Dracula - The Nun's Tale
The arrival of the helicopter at the end of the second episode
of Steven Moffat and Mark Gatiss's adaptation of Dracula could only have been made worse if Donald Trump had emerged
from it. Or Noel Edmonds. That, indeed, seemed to be the consensus in the reviews.
Now that the dust is starting to settle, perhaps it is worth taking stock. The
first two episodes were just glorious, whilst the third was a muddled and
bizarre let-down. What went wrong? Before that, though, let's linger on the good
stuff.
"What is your interest in me, Agatha Van Helsing?" |
What impressed me most was Moffat and Gatiss's dialogue. For
the first time it was given real space to breathe. The exchanges and pithy
put-downs were less quickfire than those that dog Sherlock, and you were given the chance to savour individual lines. Many
of the best ones were delivered by Dolly Wells' wisecracking nun, Sister Agatha
Van Helsing. The pick of these was the answer to Jonathan Harker's question about
her continuing presence in a convent despite having lost her faith in God: "Like many
women my age I'm trapped in a loveless marriage, maintaining appearances in
order to keep a roof over my head." Emasculating, philosophising, waspish and
worldly, she was the undoubted star of the production. She had all the memorbale lines. "Why would the forces of darkness want to attack a convent?" she is asked. "Perhaps they are sensitive to criticism," is her reply.
"I'm all your nightmares at once. An intelligent woman with a crucifix!" |
There is no criticism to be levelled at the second episode. It was sublime. That it made me
recall Werner Herzog's magnificent take on the story, Nosferatu the Vampyre, is no faint praise. Unlike many other adaptations, Herzog's
version lingers over the voyage of the Demeter towards
Western Europe, eventually sailing crewless - apart from the dead Captain who is tied to the rudder - right into the heart of the city of
Delft. It might be the old sailor in me, but I love horror when it is set on water: I can think of few things as terrifying as a mysterious force
randomly picking off the crew and passengers of a ship as it meanders aimlessly
through a queasy sea-fog. Moffat and Gatiss have clearly taken this onboard and
devote almost all of the episode to this voyage. It is a masterstroke.

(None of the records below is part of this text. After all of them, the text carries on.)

-- ===== src/FrameRestruct/Chunks.antt =====
-- Calls of `RestructFrame` one after the other, as `ProcessRecvData` of
-- ComandTran/src/EpollServer.cpp makes them for the pieces in which a stream arrives.
use cmdtran.Common.{
  ℕ, zero, suc, ◌+◌, ◌≤◌, Bool, true, false, List, [], ◌∷◌, Option, none, some, ◌++◌, ◌≡◌, refl, ap,
  sym, ◌∙◌, arith, length, take, if◌then◌else◌, take-all, append-nil, append_assoc, take-append_le,
}
use cmdtran.FrameRestruct.{FrameRestruct, restruct_frame}
use cmdtran.FrameRestruct.Interface.{DataProc}
use cmdtran.FrameRestruct.Deliver.{hand_over, IsValid, contents, deliver}
use cmdtran.FrameRestruct.Decode.{
  Verdict, noise, partial, frame, classify, classify-append, classify-frame, decode, decode-cons,
  skip_of,
}
use cmdtran.FrameRestruct.Refine.{restruct_frame-decode}

abbrev pub concat : List (List ℕ) → List ℕ
concat [] = []
concat (x ∷ xs) = x ++ concat xs

-- What is decoded of a stream when it is cut behind its first part.
abbrev continued : List (List ℕ) × List ℕ → List ℕ → List (List ℕ) × List ℕ
continued (fs, rest) t = (fs ++ (decode 0 (rest ++ t)).0, (decode 0 (rest ++ t)).1)

continued-cons :
    (x : ℕ) (s t : List ℕ) (v : Verdict)
    → classify (x ∷ s) ≡ v
    → decode (skip_of v) (s ++ t) ≡ continued (decode (skip_of v) s) t
    → decode 0 (x ∷ (s ++ t)) ≡ continued (decode 0 (x ∷ s)) t
continued-cons x s t noise e h =
    let e' : classify (x ∷ (s ++ t)) ≡ noise =
      classify-append (x ∷ s) t (omega arith) (λ p. cc) ∙ e in
    rw (decode-cons x (s ++ t) noise e', decode-cons x s noise e) h
continued-cons x s t partial e h = rw (decode-cons x s partial e)
continued-cons x s t (frame n) e h =
    let e' : classify (x ∷ (s ++ t)) ≡ frame n =
      classify-append (x ∷ s) t (omega arith) (λ p. cc) ∙ e in
    rw (
      decode-cons x (s ++ t) (frame n) e',
      decode-cons x s (frame n) e,
      h,
      take-append_le n (x ∷ s) t (classify-frame (x ∷ s) n e).3,
    )

skip_of-le : (x : ℕ) (s : List ℕ) (v : Verdict) → classify (x ∷ s) ≡ v → skip_of v ≤ length s
skip_of-le x s noise e = omega arith
skip_of-le x s partial e = omega arith
skip_of-le x s (frame n) e =
    omega (arith, (classify-frame (x ∷ s) n e).3, (classify-frame (x ∷ s) n e).1)

-- A stream may be cut anywhere: what waits at the end of the first part is read with the second.
pub decode-append :
    (k : ℕ) (s t : List ℕ) → k ≤ length s → decode k (s ++ t) ≡ continued (decode k s) t
unfolding decode
decode-append zero [] t h = refl
decode-append (suc k) [] t h = absurd (omega arith)
decode-append (suc k) (x ∷ s) t h = decode-append k s t (omega arith)
decode-append zero (x ∷ s) t h =
    continued-cons x s t (classify (x ∷ s)) refl
      (decode-append (skip_of (classify (x ∷ s))) s t (skip_of-le x s (classify (x ∷ s)) refl))

bump-add :
    (saved : Bool) (a b c : ℕ)
    → c ≡ a + b
    → (if saved then c + 1 else c) ≡ a + (if saved then b + 1 else b)
bump-add true a b c e = omega arith
bump-add false a b c e = e

module _ (proc : DataProc) (sock : ℕ) where
  open proc use {State}

  -- One call of `RestructFrame` for each chunk, with the sum of the counts.
  pub receive : FrameRestruct → List (List ℕ) → ℕ → State → Option (ℕ × FrameRestruct × State)
  receive r [] count s = some (count, r, s)
  receive r (chunk ∷ chunks) count s = elim (restruct_frame proc r sock chunk (length chunk) s) [
    | none ↦ none
    | some (n, r', s') ↦ receive r' chunks (count + n) s'
  ]

  deliver-append :
      (attached : Bool) (fs gs : List (List ℕ)) (count : ℕ) (s : State)
      → deliver proc attached sock (fs ++ gs) count s ≡ (
          let (n, s') = deliver proc attached sock fs count s in deliver proc attached sock gs n s')
  unfolding deliver
  deliver-append attached [] gs count s = refl
  deliver-append attached (f ∷ fs) gs count s = deliver-append attached fs gs _ _

  -- A count that is added to.
  deliver-count :
      (attached : Bool) (fs : List (List ℕ)) (a b c : ℕ) (s : State)
      → c ≡ a + b
      → deliver proc attached sock fs c s
        ≡ (let (n, s') = deliver proc attached sock fs b s in (a + n, s'))
  unfolding deliver
  deliver-count attached [] a b c s e = rw e
  deliver-count attached (f ∷ fs) a b c s e =
      deliver-count attached fs a _ _ _ (bump-add (hand_over proc attached sock f s).0 a b c e)

  deliver_step :
      (attached : Bool) (bytes kept more : List ℕ) (count : ℕ) (s : State)
      → kept ≡ (decode 0 bytes).1
      → deliver proc attached sock (decode 0 (bytes ++ more)).0 count s ≡ (
          let (n, s') = deliver proc attached sock (decode 0 bytes).0 0 s in
          deliver proc attached sock (decode 0 (kept ++ more)).0 (count + n) s')
  deliver_step attached bytes kept more count s e = rw (
    e,
    decode-append 0 bytes more (omega arith),
    deliver-append attached (decode 0 bytes).0 (decode 0 ((decode 0 bytes).1 ++ more)).0 count s,
    deliver-count attached (decode 0 bytes).0 count 0 count s (omega arith),
  )

  -- All calls return, and hand on the frames of the chunks joined.
  abbrev pub Received : FrameRestruct → List (List ℕ) → ℕ → State → Type 0
  Received r chunks count s =
      let (frames, rest) = decode 0 (contents r ++ concat chunks) in
      let (total, s') = deliver proc r.recv_data_proc sock frames count s in
      (r' : FrameRestruct) × (receive r chunks count s ≡ some (total, r', s'))
      × IsValid r'
      × (contents r' ≡ rest)
      × (r'.recv_data_proc ≡ r.recv_data_proc)

  Received-cons :
      (r r₁ : FrameRestruct) (chunk : List ℕ) (chunks : List (List ℕ)) (count : ℕ) (s : State)
      → let (n, s₁) = deliver proc r.recv_data_proc sock (decode 0 (contents r ++ chunk)).0 0 s in
        restruct_frame proc r sock chunk (length chunk) s ≡ some (n, r₁, s₁)
        → contents r₁ ≡ (decode 0 (contents r ++ chunk)).1
        → r₁.recv_data_proc ≡ r.recv_data_proc
        → Received r₁ chunks (count + n) s₁
        → Received r (chunk ∷ chunks) count s
  unfolding receive
  Received-cons r r₁ chunk chunks count s e c p (r₂, e₂, v₂, c₂, p₂) = (
    r₂,
    rw (e, receive) (e₂ ∙ ap (λ (out : ℕ × State). some (out.0, r₂, out.1)) same),
    v₂,
    c₂ ∙ rest,
    p₂ ∙ p,
  )
    where
      joined : contents r ++ (chunk ++ concat chunks) ≡ (contents r ++ chunk) ++ concat chunks
      joined = sym (append_assoc (contents r) chunk (concat chunks))

      n : ℕ
      n = (deliver proc r.recv_data_proc sock (decode 0 (contents r ++ chunk)).0 0 s).0

      s₁ : State
      s₁ = (deliver proc r.recv_data_proc sock (decode 0 (contents r ++ chunk)).0 0 s).1

      rest :
          (decode 0 (contents r₁ ++ concat chunks)).1
          ≡ (decode 0 (contents r ++ (chunk ++ concat chunks))).1
      rest = rw (joined, c, decode-append 0 (contents r ++ chunk) (concat chunks) (omega arith))

      same :
          deliver proc r₁.recv_data_proc sock
            (decode 0 (contents r₁ ++ concat chunks)).0
            (count + n)
            s₁
          ≡ deliver proc r.recv_data_proc sock
              (decode 0 (contents r ++ (chunk ++ concat chunks))).0
              count
              s
      same =
          ap
            (λ (attached : Bool).
              deliver proc attached sock (decode 0 (contents r₁ ++ concat chunks)).0 (count + n) s₁)
            p
          ∙ rw joined (
              sym (
                deliver_step r.recv_data_proc (contents r ++ chunk) (contents r₁) (concat chunks)
                  count s c))

  -- From a valid state, the calls of `RestructFrame` for any list of chunks, one after the other,
  -- all return, hand over the frames of the stream of the kept bytes and the joined chunks in
  -- order, add up the number of those that were saved, and leave a valid state that keeps the
  -- undecided end of that stream, with the same pointer `pRecvDataProc`.
  pub receive-decode :
      (chunks : List (List ℕ)) (r : FrameRestruct) (count : ℕ) (s : State)
      → IsValid r
      → Received r chunks count s
  unfolding receive deliver
  receive-decode [] r count s v = rw (append-nil, v.waiting) (r, refl, v, refl, refl)
  receive-decode (chunk ∷ chunks) r count s v =
      let (r₁, e₁, v₁, c₁, p₁) =
        restruct_frame-decode proc sock r chunk (length chunk) s v (omega arith) in
      let all : take (length chunk) chunk ≡ chunk = take-all (length chunk) chunk (omega arith) in
      Received-cons r r₁ chunk chunks count s (rw all at e₁) (rw all at c₁) p₁
        (receive-decode chunks r₁ _ _ v₁)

Klaus Kinski as Herzog's Nosferatu |
The pair might also be channelling Herzog in the roles given
to the creatures of the night. The London
Review of Books film critic Michael Wood has remarked that the real stars
of Nosferatu the Vampyre are the
rats. "Like a gang of extras in a Hollywood epic - large, swarming and full of
energy" they overrun the town, preparing the way for their grotesque and
terrible master. Likewise, and no doubt helped by the capabilities that CGI
provides for smaller and less herdable beasts (although I'm sure herding rats
is no easy task) Moffat and Gattis do wonders with that post-mortem visitor,
the blowfly. The first thing that we actually encounter in their version is a
buzzing fly – from a distance and then in sharp magnified close-up – and then –
my skin still crawls with this memory – a shifting shadow behind Harker's
eyeball. "Where there is flesh there are flies," Dracula advises Harker. Indeed!

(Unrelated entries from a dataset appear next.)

-- ===== src/FrameRestruct/Frames.antt =====
-- What the decoder of whole streams finds, in any bytes and in those that a sender of frames
-- wrote.
use cmdtran.Common.{
  All, ℕ, zero, suc, ◌-◌, ◌≤◌, List, [], ◌∷◌, ◌≢◌, some, ◌++◌, ◌≡◌, refl, ap, ◌∙◌, arith, length,
  take, length-append, take-append_ge, drop-append_ge, get_or-append_lt, append_assoc, append-nil,
  length-take, get_or-take, map, ne→==,
}
use cmdtran.FrameRestruct.Refine.{restruct_frame-decode}
use cmdtran.FrameRestruct.{restruct_frame, FrameRestruct, frame_head}
use cmdtran.FrameRestruct.Interface.{DataProc}
use cmdtran.FrameRestruct.Decode.{
  Verdict, noise, partial, frame, classify, classify-frame, classify-noise, decode, decode-cons,
  decode-frame, skip_of, IsFrame, decode-nil,
}
use cmdtran.FrameRestruct.Deliver.{IsValid, contents, deliver}
use cmdtran.FrameRestruct.Chunks.{concat, receive, receive-decode}

take-IsFrame : (s : List ℕ) (n : ℕ) → classify s ≡ frame n → IsFrame (take n s)
take-IsFrame s n e =
    let (len, low, high, fits, head, last) = classify-frame s n e in
    let size : length (take n s) ≡ n = omega (arith, length-take n s) in
    record {
      head = get_or-take n s 0 0 (omega arith) ∙ head;
      len = omega (arith, get_or-take n s 1 0 (omega arith), get_or-take n s 2 0 (omega arith));
      shortest = omega arith;
      longest = omega arith;
      last = rw size (get_or-take n s (n - 1) 0 (omega arith) ∙ last);
    }

decode-All-cons :
    (x : ℕ) (s : List ℕ) (v : Verdict)
    → classify (x ∷ s) ≡ v
    → All IsFrame (decode (skip_of v) s).0
    → All IsFrame (decode 0 (x ∷ s)).0
decode-All-cons x s noise e h = rw (decode-cons x s noise e) h
decode-All-cons x s partial e h = rw (decode-cons x s partial e) tt
decode-All-cons x s (frame n) e h = rw (decode-cons x s (frame n) e) (take-IsFrame (x ∷ s) n e, h)

-- Whatever bytes arrive, each frame that is found in them is one by the format.
pub decode-All-IsFrame : (k : ℕ) (s : List ℕ) → All IsFrame (decode k s).0
unfolding decode
decode-All-IsFrame zero [] = tt
decode-All-IsFrame (suc k) [] = tt
decode-All-IsFrame (suc k) (x ∷ s) = decode-All-IsFrame k s
decode-All-IsFrame zero (x ∷ s) =
    decode-All-cons x s (classify (x ∷ s)) refl (decode-All-IsFrame (skip_of (classify (x ∷ s))) s)

-- A frame at the front of a stream is seen, whatever follows.
classify-IsFrame : (f t : List ℕ) → IsFrame f → classify (f ++ t) ≡ frame (length f)
unfolding classify
classify-IsFrame f t v = ground (
  arith,
  length-append f t,
  get_or-append_lt f t 0 0,
  get_or-append_lt f t 1 0,
  get_or-append_lt f t 2 0,
  get_or-append_lt f t (length f - 1) 0,
)

decode-IsFrame :
    (f t : List ℕ) → IsFrame f → decode 0 (f ++ t) ≡ (f ∷ (decode 0 t).0, (decode 0 t).1)
decode-IsFrame f t v =
    decode-frame (f ++ t) (length f) (classify-IsFrame f t v)
    ∙ rw (
      take-append_ge (length f) 0 f t (omega arith),
      append-nil,
      drop-append_ge (length f) 0 f t (omega arith),
    )

-- Bytes between frames: none of them is a head byte.
abbrev pub IsGap : List ℕ → Type 0
IsGap = All (λ (x : ℕ). x ≢ frame_head)

decode-IsGap : (g t : List ℕ) → IsGap g → decode 0 (g ++ t) ≡ decode 0 t
decode-IsGap [] t h = refl
decode-IsGap (x ∷ g) t h =
    decode-cons x (g ++ t) noise (classify-noise (x ∷ (g ++ t)) (ne→== x frame_head h.0))
    ∙ decode-IsGap g t h.1

-- A frame behind a gap, as a sender writes them.
pub record Sent : Type 0 where
  pub gap : List ℕ
  pub frame : List ℕ

abbrev pub IsSent : Sent → Type 0
IsSent m = IsGap m.gap × IsFrame m.frame

abbrev pub wire : List Sent → List ℕ
wire [] = []
wire (m ∷ ms) = m.gap ++ (m.frame ++ wire ms)

-- All frames that were sent are found, in order, and what follows is read as if it stood alone.
pub decode-wire :
    (ms : List Sent) (t : List ℕ)
    → All IsSent ms
    → decode 0 (wire ms ++ t) ≡ (map (λ m. m.frame) ms ++ (decode 0 t).0, (decode 0 t).1)
decode-wire [] t h = refl
decode-wire (m ∷ ms) t h = rw (
  append_assoc m.gap (m.frame ++ wire ms) t,
  append_assoc m.frame (wire ms) t,
  decode-IsGap m.gap (m.frame ++ (wire ms ++ t)) h.0.0,
  decode-IsFrame m.frame (wire ms ++ t) h.0.1,
  decode-wire ms t h.1,
)

-- A sender's frames arrive, in any pieces: from a valid state that keeps nothing, when the chunks
-- joined are well-formed frames with bytes between them that are no heads, the calls for the
-- chunks return, hand over exactly the frames that were sent in their order, and leave a valid
-- state that keeps nothing.
pub receive-wire :
    (proc : DataProc) (sock : ℕ) (r : FrameRestruct) (ms : List Sent) (chunks : List (List ℕ))
    (count : ℕ) (s : proc.State)
    → IsValid r
    → r.exit_len ≡ 0
    → All IsSent ms
    → concat chunks ≡ wire ms
    → let (total, s') = deliver proc r.recv_data_proc sock (map (λ m. m.frame) ms) count s in
      (r' : FrameRestruct) × (receive proc sock r chunks count s ≡ some (total, r', s'))
      × IsValid r'
      × (r'.exit_len ≡ 0)
receive-wire proc sock r ms chunks count s v empty sent e =
    let (r', e', v', c', p') = receive-decode proc sock chunks r count s v in
    let d : decode 0 (contents r ++ concat chunks) ≡ (map (λ m. m.frame) ms, []) =
      rw (empty, e, ← append-nil (wire ms), decode-wire ms [] sent, decode-nil, append-nil) in
    let kept : contents r' ≡ [] = c' ∙ ap (λ (out : List (List ℕ) × List ℕ). out.1) d in
    (
      r',
      rw d at e',
      v',
      omega (arith, ap length kept, length-take r'.exit_len r'.exit_buffer, v'.size, v'.short),
    )

-- In a valid state, and with no more bytes than the receive buffer has, whatever the bytes are, a
-- call of `RestructFrame` returns and does just what handing over some list of well-formed frames
-- does.
pub restruct_frame-IsFrame :
    (proc : DataProc) (sock : ℕ) (r : FrameRestruct) (recv : List ℕ) (recv_len : ℕ) (s : proc.State)
    → IsValid r
    → recv_len ≤ length recv
    → (frames : List (List ℕ)) × (r' : FrameRestruct) × (let (count, s') =
          deliver proc r.recv_data_proc sock frames 0 s in
        restruct_frame proc r sock recv recv_len s ≡ some (count, r', s'))
      × All IsFrame frames
restruct_frame-IsFrame proc sock r recv recv_len s v given =
    let (r', e, v', c, p) = restruct_frame-decode proc sock r recv recv_len s v given in
    (
      (decode 0 (contents r ++ take recv_len recv)).0,
      r',
      e,
      decode-All-IsFrame 0 (contents r ++ take recv_len recv),
    )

Incidentally, John Heffernan as Harker is excellent, although
his resemblance to Leonard Rossiter did make me giggle inappropriately. There
is a gentle passivity to his portrayal that is faithful to Bram Stoker's
creation, although this does tap into the novel's flaws. It is very easy to
ignore that Stoker's Dracula is a
real potboiler, the work of a hack writer who had the good fortune to stumble
upon the bones of an timeless and irresistible story. Almost all of the characters are clumsily
drawn ciphers, one-dimensional and indistinct, not least Harker himself. This
alone has been the base of an argument that I've made for the bland surprise
and passive wonder that is at the heart of Keanu Reeves' portrayal of Harker in
Francis Ford Coppola's excellent 1992 adaptation.
Does the third episode make a mockery of all of this?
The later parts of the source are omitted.